Excerpts from a dataset
****
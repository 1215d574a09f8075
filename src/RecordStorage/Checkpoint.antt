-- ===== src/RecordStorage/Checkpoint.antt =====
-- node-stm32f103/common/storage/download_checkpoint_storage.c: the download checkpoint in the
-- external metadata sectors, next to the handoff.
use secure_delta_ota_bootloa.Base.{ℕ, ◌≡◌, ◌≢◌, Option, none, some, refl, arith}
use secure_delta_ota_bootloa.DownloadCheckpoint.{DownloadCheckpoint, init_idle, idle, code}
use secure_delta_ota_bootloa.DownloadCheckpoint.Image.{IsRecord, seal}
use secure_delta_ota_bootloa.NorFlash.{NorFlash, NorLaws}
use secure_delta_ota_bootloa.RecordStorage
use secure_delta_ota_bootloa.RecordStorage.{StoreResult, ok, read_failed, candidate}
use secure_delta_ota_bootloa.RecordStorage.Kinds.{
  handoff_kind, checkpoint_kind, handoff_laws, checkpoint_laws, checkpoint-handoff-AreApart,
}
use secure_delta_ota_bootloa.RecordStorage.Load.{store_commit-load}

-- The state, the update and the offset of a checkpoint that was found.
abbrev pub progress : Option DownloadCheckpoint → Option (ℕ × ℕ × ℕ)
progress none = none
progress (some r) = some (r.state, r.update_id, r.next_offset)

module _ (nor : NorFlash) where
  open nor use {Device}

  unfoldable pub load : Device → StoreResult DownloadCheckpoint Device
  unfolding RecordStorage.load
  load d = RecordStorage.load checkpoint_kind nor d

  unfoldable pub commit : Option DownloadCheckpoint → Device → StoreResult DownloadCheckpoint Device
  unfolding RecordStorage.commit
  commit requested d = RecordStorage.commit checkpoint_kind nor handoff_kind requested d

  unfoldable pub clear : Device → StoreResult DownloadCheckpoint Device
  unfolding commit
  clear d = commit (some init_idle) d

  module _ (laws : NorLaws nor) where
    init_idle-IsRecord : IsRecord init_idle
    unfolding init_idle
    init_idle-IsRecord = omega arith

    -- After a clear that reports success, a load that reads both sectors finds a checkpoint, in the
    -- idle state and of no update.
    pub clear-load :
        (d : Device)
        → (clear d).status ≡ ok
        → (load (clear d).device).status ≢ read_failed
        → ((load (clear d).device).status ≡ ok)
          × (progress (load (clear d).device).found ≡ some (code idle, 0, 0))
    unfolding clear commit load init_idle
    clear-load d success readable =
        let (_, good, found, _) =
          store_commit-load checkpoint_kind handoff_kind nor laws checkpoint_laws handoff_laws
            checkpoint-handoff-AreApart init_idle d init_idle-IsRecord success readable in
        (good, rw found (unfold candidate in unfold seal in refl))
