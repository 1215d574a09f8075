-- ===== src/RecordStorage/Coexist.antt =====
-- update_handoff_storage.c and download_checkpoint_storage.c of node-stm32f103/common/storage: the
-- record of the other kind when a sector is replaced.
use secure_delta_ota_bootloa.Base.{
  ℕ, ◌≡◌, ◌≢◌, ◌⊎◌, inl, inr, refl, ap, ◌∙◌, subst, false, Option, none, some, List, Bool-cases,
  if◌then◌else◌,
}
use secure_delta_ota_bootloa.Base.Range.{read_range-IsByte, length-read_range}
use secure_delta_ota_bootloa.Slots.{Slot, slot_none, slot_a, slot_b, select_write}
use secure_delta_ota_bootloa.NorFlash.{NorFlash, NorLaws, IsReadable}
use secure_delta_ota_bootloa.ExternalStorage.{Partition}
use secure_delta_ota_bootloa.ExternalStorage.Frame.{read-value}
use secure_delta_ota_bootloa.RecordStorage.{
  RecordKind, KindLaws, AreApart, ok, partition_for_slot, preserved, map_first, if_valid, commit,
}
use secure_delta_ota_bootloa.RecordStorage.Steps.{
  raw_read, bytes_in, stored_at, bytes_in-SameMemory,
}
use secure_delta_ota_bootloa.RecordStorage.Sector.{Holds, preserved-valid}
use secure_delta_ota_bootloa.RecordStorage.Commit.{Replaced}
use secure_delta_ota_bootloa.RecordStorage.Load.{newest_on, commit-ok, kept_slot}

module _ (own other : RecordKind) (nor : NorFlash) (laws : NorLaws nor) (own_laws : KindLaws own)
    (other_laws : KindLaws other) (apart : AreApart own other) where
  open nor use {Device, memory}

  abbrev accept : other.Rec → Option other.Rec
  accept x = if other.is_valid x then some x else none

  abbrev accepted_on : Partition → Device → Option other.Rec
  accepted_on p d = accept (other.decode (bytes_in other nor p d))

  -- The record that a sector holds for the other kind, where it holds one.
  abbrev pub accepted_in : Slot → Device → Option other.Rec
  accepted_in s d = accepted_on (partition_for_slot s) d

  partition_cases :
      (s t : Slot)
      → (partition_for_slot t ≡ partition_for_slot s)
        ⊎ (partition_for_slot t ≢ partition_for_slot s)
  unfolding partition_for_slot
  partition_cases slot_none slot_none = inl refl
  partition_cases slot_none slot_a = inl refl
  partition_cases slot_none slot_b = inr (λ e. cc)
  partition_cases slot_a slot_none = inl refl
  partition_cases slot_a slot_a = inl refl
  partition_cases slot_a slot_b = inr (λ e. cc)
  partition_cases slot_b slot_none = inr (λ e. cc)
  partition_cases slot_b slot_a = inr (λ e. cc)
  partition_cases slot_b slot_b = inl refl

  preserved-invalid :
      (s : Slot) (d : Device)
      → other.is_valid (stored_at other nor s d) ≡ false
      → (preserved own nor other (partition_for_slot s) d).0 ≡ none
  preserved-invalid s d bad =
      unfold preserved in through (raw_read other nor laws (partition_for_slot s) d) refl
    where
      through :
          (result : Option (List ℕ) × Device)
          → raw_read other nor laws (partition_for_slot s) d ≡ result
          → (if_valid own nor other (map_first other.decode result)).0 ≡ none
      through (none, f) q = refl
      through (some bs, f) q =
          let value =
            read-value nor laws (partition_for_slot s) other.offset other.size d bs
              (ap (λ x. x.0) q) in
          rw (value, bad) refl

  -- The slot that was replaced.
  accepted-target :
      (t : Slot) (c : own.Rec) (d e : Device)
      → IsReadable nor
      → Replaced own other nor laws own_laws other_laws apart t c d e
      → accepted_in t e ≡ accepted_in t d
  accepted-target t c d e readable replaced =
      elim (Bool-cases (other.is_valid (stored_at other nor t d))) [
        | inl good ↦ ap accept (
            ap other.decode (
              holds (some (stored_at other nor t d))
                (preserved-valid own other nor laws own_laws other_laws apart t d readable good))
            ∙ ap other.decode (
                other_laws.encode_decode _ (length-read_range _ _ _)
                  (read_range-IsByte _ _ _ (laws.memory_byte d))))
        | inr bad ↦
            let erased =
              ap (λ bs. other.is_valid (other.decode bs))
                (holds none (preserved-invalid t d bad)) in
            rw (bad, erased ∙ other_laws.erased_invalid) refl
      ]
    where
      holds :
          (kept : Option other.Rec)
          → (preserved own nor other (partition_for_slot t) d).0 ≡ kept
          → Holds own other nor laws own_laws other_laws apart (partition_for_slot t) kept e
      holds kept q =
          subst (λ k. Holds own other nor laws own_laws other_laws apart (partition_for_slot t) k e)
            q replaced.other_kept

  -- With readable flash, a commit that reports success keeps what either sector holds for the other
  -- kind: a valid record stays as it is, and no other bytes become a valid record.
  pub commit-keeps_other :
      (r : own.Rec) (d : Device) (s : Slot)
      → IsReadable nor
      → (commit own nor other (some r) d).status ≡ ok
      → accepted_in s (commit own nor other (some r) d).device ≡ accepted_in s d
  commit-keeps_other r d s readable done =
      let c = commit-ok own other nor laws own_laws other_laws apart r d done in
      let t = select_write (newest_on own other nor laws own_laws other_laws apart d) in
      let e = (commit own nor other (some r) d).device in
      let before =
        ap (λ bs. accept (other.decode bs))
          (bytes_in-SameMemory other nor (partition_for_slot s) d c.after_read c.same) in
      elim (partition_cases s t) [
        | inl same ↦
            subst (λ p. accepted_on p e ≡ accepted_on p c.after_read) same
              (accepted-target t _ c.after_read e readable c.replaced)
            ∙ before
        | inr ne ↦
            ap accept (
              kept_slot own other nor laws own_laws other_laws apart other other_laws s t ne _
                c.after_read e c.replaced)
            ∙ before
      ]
****
THE PROBLEM
Retype the portion of the data above that starts on the line with "(partition_for_slot t) kept e" and finishes on the line with "-- With readable", including both of those lines.

EXERCISE RESPONSE
          → Holds own other nor laws own_laws other_laws apart (partition_for_slot t) kept e
      holds kept q =
          subst (λ k. Holds own other nor laws own_laws other_laws apart (partition_for_slot t) k e)
            q replaced.other_kept

  -- With readable flash, a commit that reports success keeps what either sector holds for the other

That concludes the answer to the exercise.